A framework for describing levels of automation in software development, adapted from the levels of autonomy used in autonomous vehicle design. At the lowest level, all work is done manually by a person. At each higher level, more decision-making and execution is handed to tooling or agents, with the highest level representing fully autonomous operation requiring no human intervention. The framework is used to help teams understand where they currently sit, where they want to get to, and how to move between levels safely. In a testing context, the ladder might run from manual test creation, through low-code automation, through AI-assisted test generation, up to a fully agentic testing system that explores, writes, executes, and reports without human instruction.

The rate at which software is successfully delivered into production, as distinct from coding velocity.
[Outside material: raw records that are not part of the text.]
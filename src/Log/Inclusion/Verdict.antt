-- ===== src/Log/Inclusion/Verdict.antt =====
-- log.c: what the groups of a source and its lines say after an update.
use daemonlib.Base.{
  ℕ, suc, ◌+◌, ◌≤◌, ◌<◌, ◌≡◌, refl, ap, ◌∙◌, inl, inr, Bool, true, false, Option, none, some, List,
  [], ◌∷◌, map, length, leb, ◌==◌, if◌then◌else◌, if_both, Bool-cases, Option-cases, arith,
}
use daemonlib.ConfFile.{same_name}
use daemonlib.Log.Filter.{LogDebugFilter}
use daemonlib.Log.Inclusion.{
  LogSourceLine, max_source_lines, mask, all_or_none, put_line, mask_line, Groups, line_groups,
  includes,
}
use daemonlib.Log.Inclusion.Masks.{IsGroup, mask_bound, includes-mask, includes-all_or_none}

-- The last filter that speaks of the source and the group decides, and by default they are included.
-- A filter speaks of them if it has the name of the source and no line, or another name and the group.
abbrev pub verdict : List ℕ → ℕ → List LogDebugFilter → Bool → Bool
verdict name g [] b = b
verdict name g (f ∷ fs) b = verdict name g fs (
    if same_name f.source_name name
    then elim f.line [ none ↦ f.included | some l ↦ b ]
    else (if includes f.groups g then f.included else b))

-- Of a line the filters for it decide, and behind the first of them those for the group too.
abbrev pub line_verdict : List ℕ → ℕ → ℕ → List LogDebugFilter → Option Bool → Option Bool
line_verdict name g n [] o = o
line_verdict name g n (f ∷ fs) o = line_verdict name g n fs (
    if same_name f.source_name name
    then elim f.line [ none ↦ o | some l ↦ if l == n then some f.included else o ]
    else elim o [ none ↦ none | some b ↦ some (if includes f.groups g then f.included else b) ])

-- How many filters may add a line.
abbrev pub line_filters : List ℕ → List LogDebugFilter → ℕ
line_filters name [] = 0
line_filters name (f ∷ fs) =
    (if same_name f.source_name name then elim f.line [ none ↦ 0 | some l ↦ 1 ] else 0)
    + line_filters name fs

abbrev pub LinesBound : List LogSourceLine → Type 0
LinesBound [] = Unit {0}
LinesBound (l ∷ ls) = (l.included_debug_groups < 32) × LinesBound ls

abbrev pub said : ℕ → Option ℕ → Option Bool
said g none = none
said g (some x) = some (includes x g)

-- Whether a line includes a group, if it is there.
abbrev pub line_includes : ℕ → ℕ → List LogSourceLine → Option Bool
line_includes g n ls = said g (line_groups n ls)

put_line-bound :
    (n x used : ℕ) (ls : List LogSourceLine)
    → x < 32
    → LinesBound ls
    → LinesBound (put_line n x used ls)
unfolding put_line
put_line-bound n x used [] few bound =
    if_both LinesBound (leb max_source_lines used) {x = []}
      {y = record { number = n; included_debug_groups = x } ∷ []} tt (few, tt)
put_line-bound n x used (l ∷ ls) few (b, bound) =
    if_both LinesBound (l.number == n)
      {x = record { number = l.number; included_debug_groups = x } ∷ ls}
      {y = l ∷ put_line n x used ls} (few, bound) (b, put_line-bound n x used ls few bound)

pub length-put_line :
    (n x used : ℕ) (ls : List LogSourceLine) → length (put_line n x used ls) ≤ length ls + 1
unfolding put_line
length-put_line n x used [] = ground arith
length-put_line n x used (l ∷ ls) = ground (arith, length-put_line n x used ls)

line_groups-put_line :
    (n k x used : ℕ) (ls : List LogSourceLine)
    → used < max_source_lines
    → line_groups n (put_line k x used ls) ≡ (if k == n then some x else line_groups n ls)
unfolding line_groups put_line
line_groups-put_line n k x used [] room = ground (arith, room)
line_groups-put_line n k x used (l ∷ ls) room =
    ground (arith, line_groups-put_line n k x used ls room)

pub length-map :
    (f : LogSourceLine → LogSourceLine) (ls : List LogSourceLine) → length (map f ls) ≡ length ls
length-map f [] = refl
length-map f (l ∷ ls) = ap suc (length-map f ls)

map-bound :
    (b : Bool) (m : ℕ) (ls : List LogSourceLine)
    → m < 32
    → LinesBound ls
    → LinesBound (map (mask_line b m) ls)
map-bound b m [] small bound = tt
map-bound b m (l ∷ ls) small (few, bound) =
    (mask_bound b m l.included_debug_groups small few, map-bound b m ls small bound)

line_groups-map :
    (b : Bool) (m n : ℕ) (ls : List LogSourceLine)
    → line_groups n (map (mask_line b m) ls)
      ≡ elim (line_groups n ls) [ none ↦ none | some x ↦ some (mask b m x) ]
unfolding line_groups
line_groups-map b m n [] = refl
line_groups-map b m n (l ∷ ls) = elim (Bool-cases (l.number == n)) [
  | inl here ↦ rw (line_groups, here) refl
  | inr other ↦ rw (line_groups, other) (line_groups-map b m n ls)
]

line_groups-bound :
    (n x : ℕ) (ls : List LogSourceLine) → LinesBound ls → line_groups n ls ≡ some x → x < 32
unfolding line_groups
line_groups-bound n x [] bound e = absurd (ground (arith, e))
line_groups-bound n x (l ∷ ls) (few, bound) e = ground (arith, e, line_groups-bound n x ls bound)

line_includes-map :
    (b : Bool) (g m n : ℕ) (ls : List LogSourceLine)
    → IsGroup g
    → m < 32
    → LinesBound ls
    → line_includes g n (map (mask_line b m) ls)
      ≡ elim (line_includes g n ls) [ none ↦ none | some c ↦ some (if includes m g then b else c) ]
line_includes-map b g m n ls is small bound = elim (Option-cases (line_groups n ls)) [
  | inl absent ↦ ap (said g) (line_groups-map b m n ls) ∙ (rw absent refl)
  | inr (x, there) ↦
      ap (said g) (line_groups-map b m n ls)
      ∙ (rw there (ap some (includes-mask b g m x is small (line_groups-bound n x ls bound there))))
]

-- After some filters the groups and lines say what `b` and `o` do.
pub record Says (g n : ℕ) (x : Groups) (b : Bool) (o : Option Bool) : Type 0 where
  pub few : x.0 < 32
  pub bound : LinesBound x.1
  pub source : includes x.0 g ≡ b
  pub lines : line_includes g n x.1 ≡ o

pub all_or_none_bound : (b : Bool) → all_or_none b < 32
all_or_none_bound true = omega arith
all_or_none_bound false = omega arith

pub Says-line :
    (g n l : ℕ) (included b : Bool) (o : Option Bool) (x : ℕ) (ls : List LogSourceLine)
    → IsGroup g
    → length ls < max_source_lines
    → Says g n (x, ls) b o
    → Says g n
        (x, put_line l (all_or_none included) (length ls) ls)
        b
        (if l == n then some included else o)
Says-line g n l included b o x ls is room says = record {
  few = says.few;
  bound =
      put_line-bound l (all_or_none included) (length ls) ls (all_or_none_bound included)
        says.bound;
  source = says.source;
  lines =
      ap (said g) (line_groups-put_line n l (all_or_none included) (length ls) ls room)
      ∙ (elim (Bool-cases (l == n)) [
        | inl here ↦ rw here (ap some (includes-all_or_none included g is))
        | inr other ↦ rw other says.lines
      ]);
}

pub Says-mask :
    (g n m : ℕ) (included b : Bool) (o : Option Bool) (x : Groups)
    → IsGroup g
    → m < 32
    → Says g n x b o
    → Says g n
        (mask included m x.0, map (mask_line included m) x.1)
        (if includes m g then included else b)
        (elim o [ none ↦ none | some c ↦ some (if includes m g then included else c) ])
Says-mask g n m included b o x is small says = record {
  few = mask_bound included m x.0 small says.few;
  bound = map-bound included m x.1 small says.bound;
  source =
      includes-mask included g m x.0 is small says.few
      ∙ ap (λ c. if includes m g then included else c) says.source;
  lines =
      line_includes-map included g m n x.1 is small says.bound
      ∙ ap (λ p. elim p [ none ↦ none | some c ↦ some (if includes m g then included else c) ])
          says.lines;
}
A team may write code faster due to AI tools while production velocity stays the same or even drops, because quality, security, and governance activities downstream have not accelerated to match. Production velocity is the more meaningful measure of a team's actual throughput, since it reflects the full system of constraints in the SDLC rather than just the speed of the coding step.

The fast, localised development cycle covering writing, running, and testing code on a developer's own machine, before changes are pushed to shared infrastructure. The term is used to distinguish the individual developer's coding and unit testing step from the broader SDLC activities that follow, sometimes called the outer loop, which include integration, review, quality assurance, security, and deployment. In the context of AI-accelerated development, the inner loop has sped up significantly, creating pressure on the outer loop to keep pace.

The process of checking whether an agentic coding tool actually built what was asked for, and whether it built anything that was not asked for. As AI coding agents have latitude to make their own decisions, the output they produce can drift from the original specification in ways that are not immediately visible. Intent validation sits upstream of functional testing: before asking whether the software works, it asks whether the software is the right thing. It requires a combination of system knowledge, user empathy, and judgement about what constitutes acceptable drift versus what must be sent back. For example: reviewing a knowledge graph of what an agent built against the original user stories; checking for features added without being requested; or confirming that access and permission models reflect what was specified rather than what the agent assumed.